[GitHub] [kafka] rondagostino opened a new pull request, #13280: KAFKA-14735: Improve KRaft metadata image change performance at high …

via GitHub Mon, 20 Feb 2023 12:04:19 -0800


rondagostino opened a new pull request, #13280:
URL: https://github.com/apache/kafka/pull/13280


   …topic counts
   
   Performance of KRaft metadata image changes is currently O(<# of topics in 
cluster>). This means the amount of time it takes to create just a single topic 
scales linearly with the number of topics in the entire cluster. This impact 
both controllers and brokers because both use the metadata image to represent 
the KRaft metadata log.
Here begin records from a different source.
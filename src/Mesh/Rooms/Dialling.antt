-- ===== src/Mesh/Rooms/Dialling.antt =====
-- core/src/mesh.rs: dialling the members of a room keeps the map of peers in order.
use mesh_chat.Prelude.{Text, Bytes, text, List, [], ◌∷◌, is_some, All}
use mesh_chat.Error.{Error, Result, ok, err, display, protocol_version}
use mesh_chat.Protocol.{PeerInfo, Control, Frame, mesh_hello, decode}
use mesh_chat.Node.{Node, Env, Link, emit, send}
use mesh_chat.Node.Events.{connecting}
use mesh_chat.Node.Quiet.{send-Quiet}
use mesh_chat.Mesh.Linked.{AreLinked, AreLinked-Quiet, attach_peer-AreLinked}
use mesh_chat.Mesh.Admission.Linked.{Keeps, if-AreLinked}
use mesh_chat.Mesh.Rooms.Attempts.{
  Attempt, mesh_reply, mesh_decoded, mesh_sent, dialled, try_dial, peer_event, tried, dial_attempts,
  dial_peer,
}

mesh_reply-AreLinked :
    (env : Env) (link : Link) (f : Frame) (n : Node)
    → AreLinked n
    → AreLinked (mesh_reply env link f n).1
unfolding mesh_reply
mesh_reply-AreLinked env link (Frame.control (Control.mesh_ack p)) n h =
    attach_peer-AreLinked env p link n h
mesh_reply-AreLinked env link (Frame.control (Control.hello v r p)) n h = h
mesh_reply-AreLinked env link (Frame.control (Control.mesh_hello v r p)) n h = h
mesh_reply-AreLinked env link (Frame.control (Control.welcome r p ps)) n h = h
mesh_reply-AreLinked env link (Frame.control (Control.rejected r)) n h = h
mesh_reply-AreLinked env link (Frame.control (Control.peer_joined p)) n h = h
mesh_reply-AreLinked env link (Frame.control (Control.peer_left i m)) n h = h
mesh_reply-AreLinked env link (Frame.control (Control.chat i f m t b)) n h = h
mesh_reply-AreLinked env link (Frame.control (Control.file_offer t m s d)) n h = h
mesh_reply-AreLinked env link (Frame.control (Control.file_accept t)) n h = h
mesh_reply-AreLinked env link (Frame.control (Control.file_decline t r)) n h = h
mesh_reply-AreLinked env link (Frame.control (Control.file_done t)) n h = h
mesh_reply-AreLinked env link (Frame.control (Control.file_abort t r)) n h = h
mesh_reply-AreLinked env link (Frame.control Control.bye) n h = h
mesh_reply-AreLinked env link (Frame.chunk i s b) n h = h

mesh_decoded-AreLinked :
    (env : Env) (link : Link) (r : Result Error Frame) (n : Node)
    → AreLinked n
    → AreLinked (mesh_decoded env link r n).1
unfolding mesh_decoded
mesh_decoded-AreLinked env link (err e) n h = h
mesh_decoded-AreLinked env link (ok f) n h = mesh_reply-AreLinked env link f n h

mesh_sent-AreLinked :
    (env : Env) (link : Link) (meanwhile : Node → Node) (reply : Result Error Bytes)
    (r : Result Error (Unit {0}) × Node)
    → Keeps meanwhile
    → AreLinked r.1
    → AreLinked (mesh_sent env link meanwhile reply r).1
unfolding mesh_sent
mesh_sent-AreLinked env link meanwhile reply (err e, n) k h = h
mesh_sent-AreLinked env link meanwhile (err e) (ok u, n) k h = k n h
mesh_sent-AreLinked env link meanwhile (ok buf) (ok u, n) k h =
    mesh_decoded-AreLinked env link (decode env.json buf) (meanwhile n) (k n h)

-- The other threads' part of an attempt.
abbrev pub AttemptKeeps : Attempt → Type 0
AttemptKeeps t = Keeps t.before × Keeps t.meanwhile

dialled-AreLinked :
    (env : Env) (t : Attempt) (link : Result Error Link) (n : Node)
    → AttemptKeeps t
    → AreLinked n
    → AreLinked (dialled env t link n).1
unfolding dialled
dialled-AreLinked env t (err e) n k h = h
dialled-AreLinked env t (ok link) n k h =
    let c = mesh_hello protocol_version n.room n.me in
    mesh_sent-AreLinked env link t.meanwhile t.reply (send env link c n) k.1
      (AreLinked-Quiet n (send env link c n).1 (send-Quiet env link c n) h)

tried-AreLinked :
    (info : PeerInfo) (next : Text → Node → Node) (r : Result Error (Unit {0}) × Node)
    → ((last : Text) → Keeps (next last))
    → AreLinked r.1
    → AreLinked (tried info next r)
unfolding tried
tried-AreLinked info next (ok u, n) k h = h
tried-AreLinked info next (err e, n) k h = k (display e) n h

dial_attempts-Keeps :
    (env : Env) (info : PeerInfo) (ts : List Attempt) (last : Text)
    → All (λ t. AttemptKeeps t) ts
    → Keeps (dial_attempts env info ts last)
unfolding dial_attempts try_dial
dial_attempts-Keeps env info [] last k n h = h
dial_attempts-Keeps env info (t ∷ ts) last k n h =
    let m = t.before n in
    if-AreLinked m.running (tried info (dial_attempts env info ts) (dialled env t t.link m)) m
      (tried-AreLinked info (dial_attempts env info ts) (dialled env t t.link m)
        (λ l. dial_attempts-Keeps env info ts l k.1)
        (dialled-AreLinked env t t.link m k.0 (k.0.0 n h)))
      (k.0.0 n h)

pub dial_peer-Keeps :
    (env : Env) (info : PeerInfo) (first second third : Attempt)
    → All (λ t. AttemptKeeps t) (first ∷ second ∷ third ∷ [])
    → Keeps (dial_peer env info first second third)
unfolding dial_peer
dial_peer-Keeps env info first second third k n h =
    let m = emit (peer_event info connecting info.addr) n in
    if-AreLinked (is_some n.kind)
      (dial_attempts env info (first ∷ second ∷ third ∷ []) (text "unknown error") m) n
      (dial_attempts-Keeps env info (first ∷ second ∷ third ∷ []) (text "unknown error") k m h) h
The performance of these changes should scale with the 
number of topics being changed – creating a single topic should perform 
similarly regardless of the number of topics in the cluster.
   
   This patch introduces a dependency on the 
[Paguro](https://github.com/GlenKPeterson/Paguro/) library for 
immutable/persistent collection support in Java and leverages persistent data 
structures to avoid copying the entire TopicsImage upon every change.  We 
choose this library because it is relatively small and 
[well-integrated](https://github.com/GlenKPeterson/Paguro/blob/main/inheritanceHierarchy.pdf)
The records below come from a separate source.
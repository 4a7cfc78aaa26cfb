-- ===== src/Mesh/Sessions.antt =====
-- core/src/mesh.rs: the reader of a link and chat keep the map of peers in order.
use mesh_chat.Prelude.{Text, Bytes, text, Bool, true, false, ltb, if◌then◌else◌}
use mesh_chat.Error.{Error, Result, ok, err, config}
use mesh_chat.Text.{byte_len, is_empty}
use mesh_chat.Text.Trim.{trim}
use mesh_chat.Protocol.{Control, Frame, Checked, returns, panics, decode, chat}
use mesh_chat.History.{message_record}
use mesh_chat.Node.{Node, Env, Peer, emit, push_record, connected_peers}
use mesh_chat.Node.Events.{Event}
use mesh_chat.Node.Quiet.{Quiet-trans}
use mesh_chat.Files.{handle_chunk, handle_file_control}
use mesh_chat.Files.Integrity.{After}
use mesh_chat.Mesh.{
  handle_control, handle_frame, go_on, reader_step, send_chat, say_chat, deliver_chat, alone,
  describe_disconnect,
}
use mesh_chat.Mesh.Effects.{deliver_chat-Quiet, alone-Quiet}
use mesh_chat.Mesh.Linked.{
  AreLinked, AreLinked-Quiet, AreLinked-SameLinks, SameLinks, peer_gone-AreLinked,
}
use mesh_chat.Mesh.FileLinks.{handle_chunk-SameLinks, handle_file_control-SameLinks, after_call}
use mesh_chat.Mesh.Admission.Linked.{Keeps}

After-AreLinked :
    (n : Node) (r : Checked Node)
    → After (λ m. SameLinks n m) r
    → AreLinked n
    → After (λ m. AreLinked m) r
After-AreLinked n (returns m) s h = AreLinked-SameLinks n m s h
After-AreLinked n panics s h = tt

handle_control-AreLinked :
    (env : Env) (p : Peer) (c : Control) (n : Node)
    → AreLinked n
    → After (λ m. AreLinked m) (handle_control env p c n)
unfolding handle_control
handle_control-AreLinked env p (Control.chat i f m t b) n h = h
handle_control-AreLinked env p (Control.peer_joined info) n h = h
handle_control-AreLinked env p (Control.peer_left i m) n h = h
handle_control-AreLinked env p Control.bye n h =
    peer_gone-AreLinked env p (text "the peer closed the room") n h
handle_control-AreLinked env p (Control.file_offer t m s d) n h =
    After-AreLinked n (handle_file_control env p (Control.file_offer t m s d) n)
      (handle_file_control-SameLinks env p (Control.file_offer t m s d) n) h
handle_control-AreLinked env p (Control.file_accept t) n h =
    After-AreLinked n (handle_file_control env p (Control.file_accept t) n)
      (handle_file_control-SameLinks env p (Control.file_accept t) n) h
handle_control-AreLinked env p (Control.file_decline t r) n h =
    After-AreLinked n (handle_file_control env p (Control.file_decline t r) n)
      (handle_file_control-SameLinks env p (Control.file_decline t r) n) h
handle_control-AreLinked env p (Control.file_done t) n h =
    After-AreLinked n (handle_file_control env p (Control.file_done t) n)
      (handle_file_control-SameLinks env p (Control.file_done t) n) h
handle_control-AreLinked env p (Control.file_abort t r) n h =
    After-AreLinked n (handle_file_control env p (Control.file_abort t r) n)
      (handle_file_control-SameLinks env p (Control.file_abort t r) n) h
handle_control-AreLinked env p (Control.rejected r) n h = h
handle_control-AreLinked env p (Control.hello v r q) n h = h
handle_control-AreLinked env p (Control.mesh_hello v r q) n h = h
handle_control-AreLinked env p (Control.welcome r q ps) n h = h
handle_control-AreLinked env p (Control.mesh_ack q) n h = h

handle_frame-AreLinked :
    (env : Env) (p : Peer) (f : Result Error Frame) (n : Node)
    → AreLinked n
    → After (λ m. AreLinked m) (handle_frame env p f n)
unfolding handle_frame
handle_frame-AreLinked env p (ok (Frame.control c)) n h = handle_control-AreLinked env p c n h
handle_frame-AreLinked env p (ok (Frame.chunk id seq bytes)) n h =
    AreLinked-SameLinks n (handle_chunk env p id seq bytes n)
      (handle_chunk-SameLinks env p id seq bytes n) h
handle_frame-AreLinked env p (err e) n h = h

go_on-After :
    (r : Checked Node)
    → After (λ m. AreLinked m) r
    → After (λ m. AreLinked m) (after_call (go_on r))
unfolding go_on
go_on-After (returns n) h = h
go_on-After panics h = tt

pub reader_step-AreLinked :
    (env : Env) (p : Peer) (received : Result Error Bytes) (n : Node)
    → AreLinked n
    → After (λ m. AreLinked m) (after_call (reader_step env p received n))
unfolding reader_step
reader_step-AreLinked env p (ok buf) n h =
    go_on-After (handle_frame env p (decode env.json buf) n)
      (handle_frame-AreLinked env p (decode env.json buf) n h)
reader_step-AreLinked env p (err e) n h = peer_gone-AreLinked env p (describe_disconnect e) n h

pub either-AreLinked {ℓ} :
    {A : Type ℓ} (b : Bool) (r q : A × Node)
    → AreLinked r.1
    → AreLinked q.1
    → AreLinked (if b then r else q).1
either-AreLinked true r q h k = h
either-AreLinked false r q h k = k

say_chat-Keeps : (env : Env) (id body : Text) → Keeps (say_chat env id body)
unfolding say_chat
say_chat-Keeps env id body n h =
    let m =
      emit (Event.chat n.me.id n.me.name n.wall body true)
        (push_record (message_record n.me.name n.me.id n.wall body) n) in
    let c = chat id n.me.id n.me.name n.wall body in
    let k = alone (connected_peers m) m in
    AreLinked-Quiet m (deliver_chat env c (connected_peers m) k)
      (Quiet-trans m k (deliver_chat env c (connected_peers m) k)
        (alone-Quiet (connected_peers m) m) (deliver_chat-Quiet env c (connected_peers m) k))
      h

pub send_chat-Keeps : (env : Env) (id body : Text) → Keeps (λ n. (send_chat env id body n).1)
unfolding send_chat
send_chat-Keeps env id body n h =
    either-AreLinked (is_empty (trim body)) (ok tt, n)
      (if ltb 8000 (byte_len (trim body))
        then (err (config (text "that message is too long")), n)
        else (ok tt, say_chat env id (trim body) n))
      h
      (either-AreLinked (ltb 8000 (byte_len (trim body)))
        (err (config (text "that message is too long")), n) (ok tt, say_chat env id (trim body) n) h
        (say_chat-Keeps env id (trim body) n h))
 with the existing Java Collections class hierarchy (the latter property 
especially helps to minimize the changes required to introduce the library into 
the existing code base).  The patch also adds the following JMH benchmarks 
demonstrating the resulting performance changes:
   
   - `TopicsImageSingleRecordChangeBenchmark` tracks how long it takes to 
create a new topic.  This is the benchmark that clearly identifies the O(N) 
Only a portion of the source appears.